On 25 February 2020, Al-Falih was appointed by a royal decree as Minister of Investment, a newly created ministry in Saudi Arabia.

In 2025, he announced $6.4 billion of investments in President Ahmed al-Sharaa's government as it seeks to rebuild Syria after a 14-year civil war. The investment deals included $2.93 billion for real estate and infrastructure projects and about $1.07 billion for the telecommunications and information technology sector, Al-Falih said.

On February 12, 2026, Al-Falih was relieved of his post as Minister of Investment by Royal Decree and was subsequently appointed as a Minister of State and a member of the Council of Ministers.

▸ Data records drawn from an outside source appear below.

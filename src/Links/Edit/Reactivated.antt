-- ===== src/Links/Edit/Reactivated.antt =====
-- When an edit of services/url_service.py brings an expired link back (`_auto_reactivate`), by what
-- the request carries.
use spoo.Base.{
  ℕ, ◌==◌, ◌∙◌, String, ◌≡◌, refl, ap, ap₂, sym, subst, Bool, true, false, ◌&&◌, ◌||◌, not, Option,
  none, some, arith, if◌then◌else◌, if_keeps, Result, ok, err, Returns, Returns-ok, ltb,
}
use spoo.Base.Collection.{find_and_update, find_and_update-match}
use spoo.Links.{UrlV2Doc, UrlStatus, active, expired, is_blocked}
use spoo.Links.Resolve.{Deployment, Site}
use spoo.Links.Edit.{Rules, EditError, UpdateUrlRequest, Field, absent, null, given}
use spoo.Links.Edit.Values.{opt_eq_by, has_number}
use spoo.Links.Edit.Handlers.{Ops, from, handle_max_clicks, handle_date, handle_status}
use spoo.Links.Edit.Update.{
  is_some, apply, auto_reactivate, clicks_improved, expiry_improved, edit_ops, persist, store,
  update_found, update, is_empty, Edited,
}
use spoo.Links.Edit.Keys.{IsEdited, edit_ops-IsEdited, invalidate_both-urls}

-- A limit that is removed, or set to another number above the clicks.
abbrev pub lifts_limit : Field ℕ → Option ℕ → ℕ → Bool
lifts_limit absent current clicks = false
lifts_limit null current clicks = has_number current
lifts_limit (given m) current clicks =
    if m == 0 then has_number current else not (opt_eq_by ◌==◌ (some m) current) && ltb clicks m

-- A date that is removed, or given at all: also the one that is stored.
abbrev pub lifts_date : Field ℕ → Option ℕ → Bool
lifts_date absent current = false
lifts_date null current = is_some current
lifts_date (given t) current = true

clicks_lifted :
    (field : Field ℕ) (current : Option ℕ) (clicks : ℕ)
    → Returns
        (λ out. clicks_improved out clicks ≡ lifts_limit field current clicks)
        (handle_max_clicks field current)
unfolding handle_max_clicks
clicks_lifted absent current clicks = refl
clicks_lifted null none clicks = refl
clicks_lifted null (some n) clicks = ground arith
clicks_lifted (given m) none clicks = ground arith
clicks_lifted (given m) (some n) clicks = ground arith

date_lifted :
    (name : String) (field : Field ℕ) (current : Option ℕ) (now : ℕ)
    → Returns
        (λ out. expiry_improved out now ≡ lifts_date field current)
        (handle_date name field current now)
unfolding handle_date
date_lifted name absent current now = refl
date_lifted name null none now = refl
date_lifted name null (some t) now = refl
date_lifted name (given t) current now = ground arith

module _ (app : Deployment) (rules : Rules) (s : Site app) where
  open app use {db}

  -- The status after an edit with no status of its own.
  abbrev pub lifted_status : UpdateUrlRequest → UrlV2Doc → UrlStatus
  lifted_status r d =
      if lifts_limit r.max_clicks d.max_clicks d.total_clicks
        || lifts_date r.expire_after d.expire_after
      then active
      else expired

  reactivated-status :
      (d : UrlV2Doc) (ops : Ops) (now : ℕ)
      → d.status ≡ expired
      → ops.status ≡ none
      → from (auto_reactivate d ops now).status d.status ≡ (
          if clicks_improved ops.max_clicks d.total_clicks || expiry_improved ops.expire_after now
          then active
          else expired)
  unfolding auto_reactivate
  reactivated-status d ops now over unset = ground (arith, over, unset)

  edited-status :
      (r : UpdateUrlRequest) (d : UrlV2Doc) (now : ℕ) (ops : Ops)
      → d.status ≡ expired
      → r.status ≡ none
      → IsEdited app rules s r d now ops
      → from ops.status d.status ≡ lifted_status r d
  edited-status r d now ops over unset (built, is_built, eq) =
      let same : handle_status none d.status ≡ ok built.status =
        ap (λ x. handle_status x d.status) (sym unset) ∙ is_built.status in
      let kept : built.status ≡ none = ground (arith, same) in
      let clicks =
        Returns-ok
          (λ out.
            clicks_improved out d.total_clicks
            ≡ lifts_limit r.max_clicks d.max_clicks d.total_clicks)
          (handle_max_clicks r.max_clicks d.max_clicks) built.max_clicks is_built.max_clicks
          (clicks_lifted r.max_clicks d.max_clicks d.total_clicks) in
      let date =
        Returns-ok (λ out. expiry_improved out now ≡ lifts_date r.expire_after d.expire_after)
          (handle_date "expire_after" r.expire_after d.expire_after now) built.expire_after
          is_built.expire_after (date_lifted "expire_after" r.expire_after d.expire_after now) in
      ap (λ o. from o.status d.status) eq
      ∙ reactivated-status d built now over kept
      ∙ ap₂ (λ a b. if a || b then active else expired) clicks date

  module _ (id : ℕ) (d : UrlV2Doc) (now : ℕ) (stored : db.get s.urls id ≡ some d) where
    -- A successful edit stores the document that it returns.
    abbrev Stores : Ops → Edited app rules → Type 0
    Stores ops r =
        (e : UrlV2Doc)
        → r.0 ≡ ok e
        → (db.get r.1.urls id ≡ some e) × (e.status ≡ from ops.status d.status)

    persist-Stores : (ops : Ops) → Stores ops (persist app rules id d ops now s)
    unfolding persist apply
    persist-Stores ops =
        if_keeps (Stores ops) (is_empty ops) _ _
          (λ empty e done.
            let same : d ≡ e = ground (arith, done) in
            let unset : ops.status ≡ none = ground (arith, empty) in
            rw (← same, unset) (stored, refl))
          (λ changed e done.
            let f = apply ops now in
            let same : f d ≡ e = ground (arith, done) in
            let match = find_and_update-match db id (λ x. true) f s.urls d stored refl in
            (
              ap (λ u. db.get u id)
                    (invalidate_both-urls app rules s d (f d)
                      (record s { urls = (find_and_update db id (λ x. true) f s.urls).1 }))
                  ∙ ap (λ x. db.get (x.1) id) match
                  ∙ db.get-put_self id (f d) s.urls
                  ∙ ap some same,
              ap (λ x. x.status) (sym same),
            ))

    store-Stores :
        (result : Result EditError Ops)
        → (e : UrlV2Doc) → (store app rules result id d now s).0 ≡ ok e
        → (ops : Ops) × (result ≡ ok ops)
          × (db.get (store app rules result id d now s).1.urls id ≡ some e)
          × (e.status ≡ from ops.status d.status)
    unfolding store
    store-Stores (err x) e done = cc
    store-Stores (ok ops) e done =
        let (there, status) = persist-Stores ops e done in (ops, refl, there, status)

    -- An edit brings an expired link back exactly if it lifts the limit or gives a date. A successful
    -- edit of a stored EXPIRED link, with no status in the request, stores the document that it
    -- returns, and that document is ACTIVE if the request removes the limit of clicks, sets another
    -- limit above the clicks, removes the expiry or gives an expiry at all, also the one that is
    -- stored; otherwise it stays EXPIRED.
    pub update-Reactivated :
        (r : UpdateUrlRequest) (owner : ℕ) (ip : Option String) (e : UrlV2Doc)
        → d.status ≡ expired
        → r.status ≡ none
        → (update app rules id r owner ip now s).0 ≡ ok e
        → (db.get (update app rules id r owner ip now s).1.urls id ≡ some e)
          × (e.status ≡ lifted_status r d)
    unfolding update update_found
    update-Reactivated r owner ip e over unset =
        let Brought : Edited app rules → Type 0 =
          λ x. x.0 ≡ ok e → (db.get x.1.urls id ≡ some e) × (e.status ≡ lifted_status r d) in
        subst
          (λ o.
            (update_found app rules o id r owner ip now s).0 ≡ ok e
            → (db.get (update_found app rules o id r owner ip now s).1.urls id ≡ some e)
              × (e.status ≡ lifted_status r d))
          (sym stored)
          (if_keeps Brought (not (d.owner_id == owner)) _ _ (λ foreign done. cc)
            (λ own.
              if_keeps Brought (is_blocked d.status) _ _ (λ dead done. cc)
                (λ free done.
                  let result = edit_ops app rules r d now ip s in
                  let (ops, ok_ops, there, status) = store-Stores result e done in
                  let edited =
                    Returns-ok (IsEdited app rules s r d now) result ops ok_ops
                      (edit_ops-IsEdited app rules s r d now ip) in
                  (there, status ∙ edited-status r d now ops over unset edited))))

==Public life and board memberships==
Al-Falih is active in many social programs. He has served as chairman of the Dammam City Municipal Council. His board memberships in other community-focused organizations include the Technical and Vocational Training Corporation, the Prince Sultan bin Abdulaziz Fund for Supporting Small Business Projects for Women, and the Eastern Province Society for the Handicapped.

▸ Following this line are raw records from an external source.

-- ===== src/Links/Edit/RoundTrip.antt =====
-- A link that services/url_service.py, `create`, has made is the one that `resolve` finds under its
-- alias.
use spoo.Base.{
  ℕ, ◌==◌, ◌∙◌, String, ◌≡◌, refl, ap, ap₂, sym, subst, true, false, ◌&&◌, ◌||◌, Option, none, some,
  inl, inr, arith, Bool-cases, Option-cases, ℕ-cases, if◌then◌else◌, Result, ok, err, Returns,
  Returns-ok, str_eq, eq_iff, and-eq-true,
}
use spoo.Base.Text.{len}
use text.Mathlib.TextPositions.{eq_refl}
use spoo.Base.Collection.{ascending}
use spoo.Links.{
  UrlV2Doc, LegacyUrlDoc, UrlCacheData, SchemaVersion, v1, v2, active, is_blocked, is_expired,
  is_inactive,
}
use spoo.Links.Alias.{v2_lookup_code, v1_first_length, is_emoji_shaped}
use spoo.Links.Cached.{
  from_v2_doc, ResolveError, gone_to, not_yet_live, is_time_expired, is_not_yet_live, is_non_active,
  truthy,
}
use spoo.Links.Resolve.{
  Deployment, Site, v2_or, legacy_or, populate_cache, resolve, look_up, resolved, check_live,
  find_by_alias, at_alias, dispatch, dispatch_by, dispatch_custom_domain, cache_get, try_v1_then_v2,
  try_v2_then_v1,
}
use spoo.Links.Edit.{Rules, EditError, CreateUrlRequest}
use spoo.Links.Edit.Availability.{scope_of}
use spoo.Links.Edit.Create
use spoo.Links.Edit.Create.{
  choose_alias, custom_alias, generate_unique_alias, generate_unique_emoji_alias, create,
  created_doc, insert,
}
use spoo.Links.Edit.Unique.{IsFree}
use spoo.Links.Edit.First.{IsFirst, choose_alias-IsFirst}
use spoo.Links.Edit.Fresh.{IsNew, created_doc-IsNew}

module _ (app : Deployment) (rules : Rules) (s : Site app) where
  open app use {db, policy, system_domain}

  module _ (id : ℕ) (d : UrlV2Doc) (free : IsFree db d.alias d.domain s.urls) where
    abbrev after : Site app
    after = insert app rules id d s

    inserted-found : find_by_alias app d.alias d.domain after ≡ some (id, d)
    unfolding find_by_alias insert
    inserted-found =
        let q = at_alias app d.alias d.domain in
        let urls = db.put id d s.urls in
        let stored = db.get-put_self id d s.urls in
        elim (Option-cases (db.pick ascending q (λ x. 0) urls)) [
          | inl empty ↦ absurd (
              ground (
                arith,
                db.pick-none ascending q (λ x. 0) urls empty id d stored,
                eq_refl d.alias,
                eq_refl d.domain,
              ))
          | inr ((k, e), found) ↦
              let (there, matches, first) = db.pick-some ascending q (λ x. 0) urls k e found in
              let (alias, domain) =
                and-eq-true (str_eq e.alias d.alias) (str_eq e.domain d.domain) matches in
              elim (ℕ-cases id k) [
                | inr other ↦ absurd (
                    free k e (sym (db.get-put_ne id k d s.urls other) ∙ there)
                      ((eq_iff e.alias d.alias).0 alias) ((eq_iff e.domain d.domain).0 domain))
                | inl own ↦
                    let both : some d ≡ some e = sym stored ∙ ap (db.get urls) own ∙ there in
                    let same : d ≡ e = ground (arith, both) in
                    found ∙ ap (λ i. some (i, e)) (sym own) ∙ ap (λ x. some (id, x)) (sym same)
              ]
        ]

    -- With no older link in the way, each order of the generations finds it.
    v1_then_v2-inserted :
        d.domain ≡ system_domain
        → s.legacy d.alias ≡ none
        → try_v1_then_v2 app d.alias after ≡ (some (from_v2_doc id d), v2)
    unfolding try_v1_then_v2 insert
    v1_then_v2-inserted own gone =
        let found : find_by_alias app d.alias system_domain after ≡ some (id, d) =
          subst (λ t. find_by_alias app d.alias t after ≡ some (id, d)) own inserted-found in
        ap
          (λ (o : Option LegacyUrlDoc).
            legacy_or app (elim o [ none ↦ none | some l ↦ some (d.alias, l) ]) v1
              (v2_or (find_by_alias app d.alias system_domain after) (none, v2)))
          gone
        ∙ ap (λ f. v2_or f (none, v2)) found

    dispatch-inserted :
        d.domain ≡ system_domain
        → IsFirst app rules s d.domain d.alias
        → dispatch app d.alias d.alias after ≡ (some (from_v2_doc id d), v2)
    unfolding dispatch dispatch_by try_v2_then_v1
    dispatch-inserted own older =
        let found : find_by_alias app d.alias system_domain after ≡ some (id, d) =
          subst (λ t. find_by_alias app d.alias t after ≡ some (id, d)) own inserted-found in
        elim (Bool-cases (is_emoji_shaped policy d.alias)) [
          | inl shaped ↦ rw (shaped, found) refl
          | inr plain ↦ elim (Bool-cases (len d.alias == v1_first_length)) [
            | inr other ↦ rw (plain, other, found) refl
            | inl six ↦ elim (older own) [
              | inl gone ↦ rw (plain, six) (v1_then_v2-inserted own gone)
              | inr other ↦ absurd (ground (arith, six, other))
            ]
          ]
        ]

    looked_up :
        IsFirst app rules s d.domain d.alias
        → (if str_eq d.domain system_domain
            then dispatch app d.alias d.alias after
            else dispatch_custom_domain app d.alias d.domain after)
          ≡ (some (from_v2_doc id d), v2)
    unfolding dispatch_custom_domain
    looked_up older = elim (Bool-cases (str_eq d.domain system_domain)) [
      | inl own ↦ rw own (dispatch-inserted ((eq_iff d.domain system_domain).0 own) older)
      | inr custom ↦ rw (custom, inserted-found) refl
    ]

  -- What a request is told of a link that is ACTIVE in the collection.
  abbrev pub answer_at : UrlCacheData → ℕ → Result ResolveError (UrlCacheData × SchemaVersion)
  answer_at link now =
      if is_time_expired link now
      then err (gone_to link.expired_redirect_url)
      else if is_not_yet_live link now
      then err (not_yet_live link.pre_start_url)
      else ok (link, v2)

  check_live-answer_at :
      (link : UrlCacheData) (code : String) (now : ℕ) (t : Site app)
      → (check_live app link v2 code now t).0 ≡ answer_at link now
  unfolding check_live
  check_live-answer_at link code now t = ground arith

  resolved-answer_at :
      (id : ℕ) (d : UrlV2Doc) (code : String) (now : ℕ) (t : Site app)
      → d.status ≡ active
      → (resolved app (some (from_v2_doc id d), v2) code now t).0 ≡ answer_at (from_v2_doc id d) now
  unfolding resolved from_v2_doc
  resolved-answer_at id d code now t live =
      let link = from_v2_doc id d in
      let alive : is_non_active link v2 ≡ false =
        ap (λ st. is_blocked st || (true && (is_expired st || is_inactive st))) live in
      rw alive (check_live-answer_at link code now (populate_cache app code link v2 t))

  inserted-cold :
      (id : ℕ) (d : UrlV2Doc)
      → cache_get app d.alias d.domain s ≡ none
      → cache_get app d.alias d.domain (insert app rules id d s) ≡ none
  unfolding insert cache_get
  inserted-cold id d cold = cold

  inserted-resolve :
      (r : CreateUrlRequest) (domain : Option String) (draw : ℕ → String) (id later : ℕ)
      (d : UrlV2Doc)
      → IsNew app rules s r draw (scope_of app rules domain) d
      → (r.emoji_alias ≡ false → (m : ℕ) → len (draw m) ≡ 7)
      → v2_lookup_code policy d.alias ≡ d.alias
      → cache_get app d.alias d.domain s ≡ none
      → (resolve app d.alias domain later (insert app rules id d s)).0
        ≡ answer_at (from_v2_doc id d) later
  unfolding resolve look_up
  inserted-resolve r domain draw id later d new seven canonical cold =
      let t = insert app rules id d s in
      let target = scope_of app rules domain in
      let free : IsFree db d.alias d.domain s.urls =
        subst (λ x. IsFree db d.alias x s.urls) (sym new.domain) new.free in
      let older : IsFirst app rules s d.domain d.alias =
        subst (λ x. IsFirst app rules s x d.alias) (sym new.domain)
          (Returns-ok (IsFirst app rules s target)
            (choose_alias app rules (truthy r.alias) r.emoji_alias draw target s) d.alias new.chosen
            (choose_alias-IsFirst app rules s draw (truthy r.alias) r.emoji_alias target seven)) in
      ap₂ (λ code scope. (look_up app (cache_get app code scope t) code d.alias scope later t).0)
        canonical (sym new.domain)
      ∙ ap (λ e. (look_up app e d.alias d.alias d.domain later t).0) (inserted-cold id d cold)
      ∙ ap (λ a. (resolved app a d.alias later t).0) (looked_up id d free older)
      ∙ resolved-answer_at id d d.alias later t new.status

  -- A created link is found under its alias. Where a creation succeeds with a document, the
  -- next request for its alias on the same domain, at whatever moment, is answered by that very
  -- document: by its projection between its start and its expiry, that it is gone or where it
  -- redirects after the expiry, and before the start that it is not live yet; provided that the
  -- cache had no entry under the alias, the alias is in the form that lookups use, and the codes
  -- drawn for an alias that is no emoji have seven characters.
  pub create-resolve :
      (r : CreateUrlRequest) (owner : Option ℕ) (ip : String) (domain : Option String)
      (draw : ℕ → String) (token : String) (id now later : ℕ) (d : UrlV2Doc) (shown : Option String)
      → (create app rules r owner ip domain draw token id now s).0 ≡ ok (d, shown)
      → (r.emoji_alias ≡ false → (m : ℕ) → len (draw m) ≡ 7)
      → v2_lookup_code policy d.alias ≡ d.alias
      → cache_get app d.alias d.domain s ≡ none
      → (resolve app d.alias domain later
          (create app rules r owner ip domain draw token id now s).1).0
        ≡ answer_at (from_v2_doc id d) later
  unfolding create Create.store
  create-resolve r owner ip domain draw token id now later d shown done seven canonical cold =
      stored (created_doc app rules r owner ip domain draw token now s)
        (created_doc-IsNew app rules s r owner ip domain draw token now) done
    where
      stored :
          (made : Result EditError UrlV2Doc)
          → Returns (IsNew app rules s r draw (scope_of app rules domain)) made
          → (Create.store app rules made token id s).0 ≡ ok (d, shown)
          → (resolve app d.alias domain later (Create.store app rules made token id s).1).0
            ≡ answer_at (from_v2_doc id d) later
      stored (err e) new h = cc
      stored (ok e) new h =
          let same : e ≡ d = ground (arith, h) in
          let new' = subst (IsNew app rules s r draw (scope_of app rules domain)) same new in
          subst
            (λ x.
              (resolve app d.alias domain later (insert app rules id x s)).0
              ≡ answer_at (from_v2_doc id d) later)
            (sym same) (inserted-resolve r domain draw id later d new' seven canonical cold)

Al-Falih is a founding member of King Abdullah University of Science and Technology and serves as a member of its board of trustees. He sits on the board of directors of the U.S.-Saudi Arabian Business Council and previously served as a member of the J.P. Morgan International Council.

==Personal life==
Al-Falih currently resides in Dhahran.
Al-Falih is married to Najah Al-Garawi.

== Achievements ==
Al-Falih was listed on the Forbes Most Powerful People for 2016. Forbes' annual ranking of The World's Most Powerful People identifies one person out of every 100 million whose actions mean the most.

Al-Falih received the Distinguished Alumnus Award in 2013 from Texas A & M University. Established in 1962, the Distinguished Alumnus Award is the highest honor bestowed upon a former student of Texas A&M University. Since its inception, 225 individuals have been recognized for their significant contributions to their professions, Texas A&M University and their local communities.

Al-Falih received the Petroleum Executive of the Year Award 2016 from Energy Intelligence. The Petroleum Executive of the Year award is the international energy industry's most prestigious award given in recognition of outstanding leadership by an executive in the international energy industry.

Al Falih was presented with the ‘International Oil Diplomacy Person of the Year 2017’ Award at the Energy Institute’s International Petroleum (IP) Week on Feb. 22 in London.